* Exercise directions
Look through the data below. Pick out the lines holding the string "abbrev".

* Records to use
[Start of section]
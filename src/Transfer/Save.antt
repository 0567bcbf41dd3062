-- ===== src/Transfer/Save.antt =====
-- The current tealet is suspended: what tealet_save_state does to the invariant and to what
-- every tealet will find on its stack.
use mathlib.Core.Bool.{false≢true}
use libtealet.Base.{
  ◌-◌, ◌≤◌, ◌<◌, ◌≡◌, ◌≢◌, refl, sym, ap, ◌∙◌, ◌⊎◌, inl, inr, Bool, true, false, List, ◌∷◌, ltb,
  ◌==◌, if◌then◌else◌, has, has-ne, arith, Bool-cases, ==→eq, ==→ne, eq→==, ne→==, ltb→lt,
}
use libtealet.Platform.{Ptr, null, Platform, IsDescending}
use libtealet.Domain.{fixed, Domain, Stack, Stats, put_stack, put_tealet, set_flags, update}
use libtealet.Stack.{stack_restore, stack_link}
use libtealet.Stack.Image.{near, edge, IsWhole}
use libtealet.Growth.Bands.{Bands, Bands_congr}
use libtealet.Growth.New.{
  no_memory, slice, first_slice, near-first_slice, first_slice-IsWhole, restore-first_slice,
  stack_saveto-full, stack_saveto-partial,
}
use libtealet.Growth.Step.{charge}
use libtealet.Transfer.{save_current}
use libtealet.Transfer.Invariant.{IsLive, Sliced, Leaving}

-- The allocator hands out no block that a stack in use stands in.
abbrev pub IsFresh : Domain → Type 0
IsFresh d = (a : Ptr) → has a d.answers ≡ true → a ≢ null → (d.stacks a).refcount ≡ 0

-- The new stack `s` at `p`, held by the current tealet.
abbrev suspend : Ptr → Stack → Domain → Domain
suspend p s d = put_tealet d.current (record (d.tealets d.current) { stack = p }) (put_stack p s d)

module _ (stop q : Ptr) (d : Domain) (p : Ptr) (s : Stack) (sliced : Sliced stop (Leaving q) d)
    (unused : (d.stacks p).refcount ≡ 0) (ne : p ≢ null) (whole : IsWhole s)
    (far : s.stack_far ≡ (d.tealets d.current).stack_far) (count : s.refcount ≡ 1)
    (inside : edge s ≤ s.stack_far) where
  not_linked : has p d.prev ≡ false
  not_linked = elim (Bool-cases (has p d.prev)) [
    | inl e ↦ absurd (omega (arith, sliced.linked p e))
    | inr e ↦ e
  ]

  -- Every other stack is where it was.
  others : (j : Ptr) → 0 < (d.stacks j).refcount → update d.stacks p s j ≡ d.stacks j
  others j live = elim (Bool-cases (j == p)) [
    | inl e ↦
        let free : (d.stacks j).refcount ≡ 0 =
          ap (λ i. (d.stacks i).refcount) (==→eq j p e) ∙ unused in
        absurd {A = _} (omega arith)
    | inr e ↦ rw e
  ]

  suspend-Sliced :
      (answers : List Ptr) (stats : Stats) (prev : List Ptr)
      → Bands (update d.stacks p s) stop prev
      → ((j : Ptr) → (j ≢ p) → has j prev ≡ has j d.prev)
      → (has p prev ≡ true) ⊎ (s.stack_far ≡ edge s)
      → Sliced stop (Leaving q) (record (suspend p s (charge answers stats d)) { prev = prev })
  suspend-Sliced answers stats prev b same here = record {
    bands = b;
    no_null = same null (λ e. ne (sym e)) ∙ sliced.no_null;
    linked = λ j h. elim (Bool-cases (j == p)) [
      | inl e ↦ rw e (omega arith)
      | inr e ↦ rw e (sliced.linked j (sym (same j (==→ne j p e)) ∙ h))
    ];
    whole = λ j live. elim (Bool-cases (j == p)) [
      | inl e ↦ rw e whole
      | inr e ↦ rw e (sliced.whole j (rw e at live))
    ];
    full = λ j live o. elim (Bool-cases (j == p)) [
      | inl e ↦ elim here [
        | inl m ↦ absurd (false≢true (sym (rw (==→eq j p e) at o) ∙ m))
        | inr f ↦ rw e (inr f)
      ]
      | inr e ↦ rw e (sliced.full j (rw e at live) (sym (same j (==→ne j p e)) ∙ o))
    ];
    within = λ j live. elim (Bool-cases (j == p)) [
      | inl e ↦ rw e inside
      | inr e ↦ rw e (sliced.within j (rw e at live))
    ];
    owned = λ t h. elim (Bool-cases (t == d.current)) [
      | inl e ↦ rw (e, eq→== p p refl) (omega arith, far)
      | inr e ↦
          let (l, f) = sliced.owned t (rw e at h) in rw (e, others (d.tealets t).stack l) (l, f)
    ];
  }

-- Where the bytes of the leaving tealet are now: in a new stack from `sp` up, or, when there was
-- no memory for it and the transfer was forced, nowhere.
pub data Own (sp : Ptr) (fail_ok : Bool) (d d' : Domain) : Type 0 where
  saved :
      (p : Ptr)
      → (d'.tealets d.current).stack ≡ p
      → IsLive (d'.stacks p)
      → near (d'.stacks p) ≡ sp
      → (d'.stacks p).stack_far ≡ (d.tealets d.current).stack_far
      → ((x : Ptr) → stack_restore (d'.stacks p) d.mem x ≡ d.mem x)
      → (d.stacks p).refcount ≡ 0
      → p ≢ null
      → (d'.stacks p).refcount ≡ 1
      → Own sp fail_ok d d'
  given_up :
      fail_ok ≡ false
      → ((d'.tealets d.current).flags).is_defunct ≡ true
      → (d'.tealets d.current).stack ≡ (d.tealets d.current).stack
      → Own sp fail_ok d d'

pub record Parked (stop q sp : Ptr) (fail_ok : Bool) (d d' : Domain) : Type 0 where
  pub same_mem : d'.mem ≡ d.mem
  pub same_current : d'.current ≡ d.current
  pub same_target : d'.target ≡ d.target
  pub same_main : d'.main ≡ d.main
  pub same_fixed : fixed d' ≡ fixed d
  pub own_far : (d'.tealets d.current).stack_far ≡ (d.tealets d.current).stack_far
  pub own_exiting : (d'.tealets d.current).flags.exiting ≡ (d.tealets d.current).flags.exiting
  pub elsewhere :
      (j : Ptr) → j ≢ (d'.tealets d.current).stack → (d'.stacks j).refcount ≡ (d.stacks j).refcount
  pub same_tealet : (t : Ptr) → t ≢ d.current → d'.tealets t ≡ d.tealets t
  pub sliced : Sliced stop (Leaving q) d'
  pub others : (j : Ptr) → 0 < (d.stacks j).refcount → d'.stacks j ≡ d.stacks j
  pub own : Own sp fail_ok d d'

-- A whole stack that is below the rest of the list.
Bands-cons :
    (f : Ptr → Stack) (lo p : Ptr) (s : Stack) (list : List Ptr)
    → IsWhole s
    → lo ≤ edge s
    → edge s < s.stack_far
    → has p list ≡ false
    → Bands (update f p s) s.stack_far list
    → Bands (update f p s) lo (p ∷ list)
Bands-cons f lo p s list w l h o b = rw (eq→== p p refl) (w, l, h, o, b)

module _ (pf : Platform) (law : IsDescending pf) (sp stop q : Ptr) (fail_ok : Bool) (d : Domain)
    (sliced : Sliced stop (Leaving q) d)
    (bands : Bands d.stacks (d.tealets d.current).stack_far d.prev) (fresh : IsFresh d)
    (inside : sp < (d.tealets d.current).stack_far) where
  abbrev far : Ptr
  far = (d.tealets d.current).stack_far

  -- With a new stack that ends at `end`, which joins the list unless it is full.
  park :
      (p end : Ptr) (answers : List Ptr) (stats : Stats) (prev : List Ptr)
      → p ≢ null
      → has p d.answers ≡ true
      → end ≤ far
      → Bands (update d.stacks p (first_slice d.mem sp far (end - sp))) stop prev
      → ((j : Ptr) → (j ≢ p) → has j prev ≡ has j d.prev)
      → (has p prev ≡ true) ⊎ (far ≤ end)
      → Parked stop q sp fail_ok d
          (record (suspend p (first_slice d.mem sp far (end - sp)) (charge answers stats d)) {
            prev = prev;
          })
  park p end answers stats prev ne got le b same here =
      let s = first_slice d.mem sp far (end - sp) in
      let unused : (d.stacks p).refcount ≡ 0 = fresh p got ne in
      let at = near-first_slice d.mem sp far (end - sp) in
      let whole = first_slice-IsWhole d.mem sp far (end - sp) in
      record {
        same_mem = refl;
        same_current = refl;
        same_target = refl;
        same_main = refl;
        same_fixed = refl;
        own_far = rw (eq→== d.current d.current refl);
        own_exiting = rw (eq→== d.current d.current refl);
        elsewhere = λ j n. rw (ne→== j p (λ e. n (e ∙ rw (eq→== d.current d.current refl))));
        same_tealet = λ t n. rw (ne→== t d.current n);
        sliced =
            suspend-Sliced stop q d p s sliced unused ne whole refl refl (omega (arith, at)) answers
              stats prev b same (elim here [ inl m ↦ inl m | inr f ↦ inr (omega (arith, at)) ]);
        others = others stop q d p s sliced unused ne whole refl refl (omega (arith, at));
        own =
            saved p (rw (eq→== d.current d.current refl)) (rw (eq→== p p refl) (omega arith, refl))
              (rw (eq→== p p refl) at) (rw (eq→== p p refl))
              (λ x. rw (eq→== p p refl) (restore-first_slice d.mem sp far (end - sp) x)) unused ne
              (rw (eq→== p p refl));
      }

  -- With no memory and no way back: the tealet is marked.
  park_defunct :
      (answers : List Ptr)
      → fail_ok ≡ false
      → Parked stop q sp fail_ok d (
          set_flags d.current
            (record ((d.tealets d.current).flags) { is_defunct = true })
            (charge answers d.stats d))
  park_defunct answers forced = record {
    same_mem = refl;
    same_current = refl;
    same_target = refl;
    same_main = refl;
    same_fixed = refl;
    own_far = rw (eq→== d.current d.current refl);
    own_exiting = rw (eq→== d.current d.current refl);
    elsewhere = λ j n. refl;
    same_tealet = λ t n. rw (ne→== t d.current n);
    sliced = record {
      bands = sliced.bands;
      no_null = sliced.no_null;
      linked = sliced.linked;
      whole = sliced.whole;
      full = sliced.full;
      within = sliced.within;
      owned = λ t h. elim (Bool-cases (t == d.current)) [
        | inl e ↦ rw e (sliced.owned d.current (rw e at h))
        | inr e ↦ rw e (sliced.owned t (rw e at h))
      ];
    };
    others = λ j l. refl;
    own =
        given_up forced (rw (eq→== d.current d.current refl)) (rw (eq→== d.current d.current refl));
  }

  fresh_not_linked : (p : Ptr) → p ≢ null → has p d.answers ≡ true → has p d.prev ≡ false
  fresh_not_linked p ne got = elim (Bool-cases (has p d.prev)) [
    | inl e ↦ absurd (omega (arith, sliced.linked p e, fresh p got ne))
    | inr e ↦ e
  ]

  -- Stacks of the list stay under a fresh one.
  Bands-fresh :
      (lo p : Ptr) (s : Stack)
      → has p d.prev ≡ false
      → Bands d.stacks lo d.prev
      → Bands (update d.stacks p s) lo d.prev
  Bands-fresh lo p s out b =
      Bands_congr d.stacks (update d.stacks p s) lo d.prev (λ k m. rw (has-ne p k d.prev out m)) b

  abbrev pub ParkedOr : Bool × Domain → Type 0
  ParkedOr r =
      ((answers : List Ptr) × (r ≡ (false, charge answers d.stats d)) × (fail_ok ≡ true))
      ⊎ ((r.0 ≡ true) × Parked stop q sp fail_ok d r.1)

  save_nothing :
      (b : Bool) (answers : List Ptr)
      → fail_ok ≡ b
      → ParkedOr (
          if b then (false, charge answers d.stats d) else (
            true,
            set_flags d.current
                (record ((d.tealets d.current).flags) { is_defunct = true })
                (charge answers d.stats d),
          ))
  save_nothing true answers e = inl (answers, refl, e)
  save_nothing false answers e = inr (refl, park_defunct answers e)

  -- The saving of the current tealet, once the walk is done: either there was no memory and
  -- the transfer is not forced, and only the allocator has moved; or the invariant holds up to
  -- the target's far end with every other stack untouched, and the tealet has a new stack from
  -- its stack pointer up with the bytes of memory, or is marked defunct in a forced transfer.
  pub save_current-ParkedOr : ParkedOr (save_current pf sp stop fail_ok d)
  unfolding save_current stack_link
  save_current-ParkedOr = elim (Bool-cases (ltb stop far)) [
    | inl e ↦ elim (stack_saveto-partial pf law sp far stop d (ltb→lt _ _ e)) [
      | no_memory answers r ↦ rw r (save_nothing fail_ok answers refl)
      | slice p answers stats r ne got ↦
          let out = fresh_not_linked p ne got in
          let part : stop < far = ltb→lt _ _ e in
          let at = near-first_slice d.mem sp far (stop - sp) in
          rw (r, ne→== p null ne)
            (inr (
              refl,
              park p stop answers stats (p ∷ d.prev) ne got (ground arith)
                  (Bands-cons d.stacks stop p (first_slice d.mem sp far (stop - sp)) d.prev
                    (first_slice-IsWhole d.mem sp far (stop - sp)) (omega (arith, at))
                    (omega (arith, at)) out
                    (Bands-fresh far p (first_slice d.mem sp far (stop - sp)) out bands))
                  (λ j n. rw (ne→== j p n)) (inl (rw (eq→== p p refl))),
            ))
    ]
    | inr e ↦ elim (stack_saveto-full pf law sp far stop d (ground arith)) [
      | no_memory answers r ↦ rw r (save_nothing fail_ok answers refl)
      | slice p answers stats r ne got ↦
          rw (r, ne→== p null ne)
            (inr (
              refl,
              park p far answers stats d.prev ne got (omega arith)
                  (Bands-fresh stop p _ (fresh_not_linked p ne got) sliced.bands) (λ j n. refl)
                  (inr (omega arith)),
            ))
    ]
  ]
[End of section]
* Answer to the exercise
abbrev pub IsFresh : Domain → Type 0
abbrev suspend : Ptr → Stack → Domain → Domain
  abbrev far : Ptr
  abbrev pub ParkedOr : Bool × Domain → Type 0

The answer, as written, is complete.